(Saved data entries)
▬▬▬▬▬▬▬▬▬▬

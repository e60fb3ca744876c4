-- ===== src/Mqtt.antt =====
-- src/mqtt.rs: the session with the broker. The client crate is outside of the model: its iterator is
-- a list of polls, each with what the stop flag reads while it is handled. Durations are in
-- milliseconds. The children prove what a sleep does (`Sleep`) and what a session does (`Loop`).
pub mod Sleep
pub mod Loop
use agent_mqtt_chat.Base.{
  ℕ, zero, suc, ◌+◌, ◌-◌, ◌*◌, min, max, Bytes, Text, lit, text_eq, ◌==◌, ltb, Bool, true, false,
  not, List, [], ◌∷◌, ◌++◌, Option, none, some, Result, ok, err, ◌>>=◌, ◌>>◌, reject_if,
  if◌then◌else◌,
}
use agent_mqtt_chat.Errors.{Error, config_error}
use agent_mqtt_chat.Config.{Config}

-- The greatest `usize`.
abbrev pub usize_max : ℕ
usize_max = 18_446_744_073_709_551_615

abbrev pub saturating_mul : ℕ → ℕ → ℕ
saturating_mul a b = min (a * b) usize_max

abbrev pub saturating_add : ℕ → ℕ → ℕ
saturating_add a b = min (a + b) usize_max

-- The limit of a packet: the payload in double base64, the signature and the JSON framing.
unfoldable pub max_pkt : ℕ → ℕ
max_pkt max_payload = max (saturating_add (saturating_mul max_payload 2) 65_536) 262_144

-- `MqttOptions` as `start` sets them. Keep-alive is in seconds.
pub record MqttOptions : Type 0 where
  pub client_id : Text
  pub host : Text
  pub port : ℕ
  pub keep_alive : ℕ
  pub max_packet_size : ℕ
  pub clean_session : Bool
  pub credentials : Option (Text × Text)
  pub tls : Bool

-- The checks and the options of `Mqtt::start`.
unfoldable pub session_options : Config → Text → Result Error MqttOptions
session_options cfg client_id = do
  reject_if (cfg.broker_host == []) (config_error (lit "broker host not set"))
  reject_if (not cfg.tls) (config_error (lit "TLS is required (set tls = true)"))
  ok (record {
    client_id = client_id;
    host = cfg.broker_host;
    port = cfg.broker_port;
    keep_alive = 20;
    max_packet_size = max_pkt cfg.max_payload;
    clean_session = false;
    credentials = if cfg.username == [] then none else some (cfg.username, cfg.password);
    tls = true;
  })

-- A slice of the interruptible sleep.
abbrev pub sleep_step : ℕ
sleep_step = 100

-- The loop, on fuel: `stop` is what the flag reads after so much sleep. The time that was slept, and
-- whether a stop was observed.
unfoldable pub sleep_go : ℕ → ℕ → ℕ → (ℕ → Bool) → Option (ℕ × Bool)
sleep_go zero dur slept stop = none
sleep_go (suc fuel) dur slept stop =
    let rest = sleep_go fuel dur (slept + min sleep_step (dur - slept)) stop in
    if ltb slept dur
    then if stop slept then some (slept, true) else rest
    else some (slept, stop slept)

-- Each round sleeps a millisecond at least.
unfoldable pub sleep_interruptible : ℕ → (ℕ → Bool) → Option (ℕ × Bool)
sleep_interruptible dur stop = sleep_go (suc dur) dur 0 stop

abbrev pub first_backoff : ℕ
first_backoff = 250

abbrev pub max_backoff : ℕ
max_backoff = 30_000

-- What the iterator yields.
pub data BrokerEvent : Type 0 where
  conn_ack : BrokerEvent
  publish : Text → Bytes → BrokerEvent
  other poll_error : BrokerEvent

-- An event, with what the stop flag reads before it, after an error, and in the sleep.
pub record Poll : Type 0 where
  pub event : BrokerEvent
  pub stop_before : Bool
  pub stop_after : Bool
  pub stop_asleep : ℕ → Bool

-- The event thread: the flag that callers read, the next backoff, the subscriptions that were asked
-- for, what the callback made of the world, and whether the loop still runs.
pub record Session (W : Type 0) : Type 0 where
  pub connected : Bool
  pub backoff : ℕ
  pub asked : List Text
  pub world : W
  pub running : Bool

abbrev pub opened : {W : Type 0} → W → Session W
opened w = record {
  connected = false;
  backoff = first_backoff;
  asked = [];
  world = w;
  running = true;
}

-- The callback is given with what it makes of the world also where it panics: the panic is caught.
module _ {W : Type 0} (on_message : W → Text → Bytes → W) (topics : List Text) where
  abbrev pub stopped : Session W → Session W
  stopped s = record s { running = false }

  -- After the sleep.
  abbrev pub backed_off : Session W → Option (ℕ × Bool) → Session W
  backed_off s none = s
  backed_off s (some (_, true)) = stopped s
  backed_off s (some (_, false)) = record s { backoff = min (s.backoff * 2) max_backoff }

  unfoldable pub on_error : Session W → Poll → Session W
  on_error s p =
      let down = record s { connected = false } in
      if p.stop_after
      then stopped down
      else backed_off down (sleep_interruptible s.backoff p.stop_asleep)

  abbrev pub on_event : Session W → Poll → BrokerEvent → Session W
  on_event s p conn_ack = record s {
    connected = true;
    backoff = first_backoff;
    asked = s.asked ++ topics;
  }
  on_event s p (publish topic payload) = record s { world = on_message s.world topic payload }
  on_event s p other = s
  on_event s p poll_error = on_error s p

  -- One round of the loop; once it has ended nothing more happens.
  unfoldable pub poll : Session W → Poll → Session W
  poll s p = if s.running then if p.stop_before then stopped s else on_event s p p.event else s

  unfoldable pub event_loop : Session W → List Poll → Session W
  event_loop s [] = s
  event_loop s (p ∷ ps) = event_loop (poll s p) ps

  -- The thread: whatever ends the loop, the guard clears the flag.
  unfoldable pub run : W → List Poll → Session W
  run w ps = record (event_loop (opened w) ps) { connected = false; running = false }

▬▬▬▬▬▬▬▬▬▬

§ **GOAL OF THE EXERCISE**
Could you write out, exactly as they stand, only the lines above that begin at the line with "credentials = if" and stop after the line with "pub stop_asleep : ℕ → Bool"?

§ **THE ANSWER**
    credentials = if cfg.username == [] then none else some (cfg.username, cfg.password);
    tls = true;
  })

-- A slice of the interruptible sleep.
abbrev pub sleep_step : ℕ
sleep_step = 100

-- The loop, on fuel: `stop` is what the flag reads after so much sleep. The time that was slept, and
-- whether a stop was observed.
unfoldable pub sleep_go : ℕ → ℕ → ℕ → (ℕ → Bool) → Option (ℕ × Bool)
sleep_go zero dur slept stop = none
sleep_go (suc fuel) dur slept stop =
    let rest = sleep_go fuel dur (slept + min sleep_step (dur - slept)) stop in
    if ltb slept dur
    then if stop slept then some (slept, true) else rest
    else some (slept, stop slept)

-- Each round sleeps a millisecond at least.
unfoldable pub sleep_interruptible : ℕ → (ℕ → Bool) → Option (ℕ × Bool)
sleep_interruptible dur stop = sleep_go (suc dur) dur 0 stop

abbrev pub first_backoff : ℕ
first_backoff = 250

abbrev pub max_backoff : ℕ
max_backoff = 30_000

-- What the iterator yields.
pub data BrokerEvent : Type 0 where
  conn_ack : BrokerEvent
  publish : Text → Bytes → BrokerEvent
  other poll_error : BrokerEvent

-- An event, with what the stop flag reads before it, after an error, and in the sleep.
pub record Poll : Type 0 where
  pub event : BrokerEvent
  pub stop_before : Bool
  pub stop_after : Bool
  pub stop_asleep : ℕ → Bool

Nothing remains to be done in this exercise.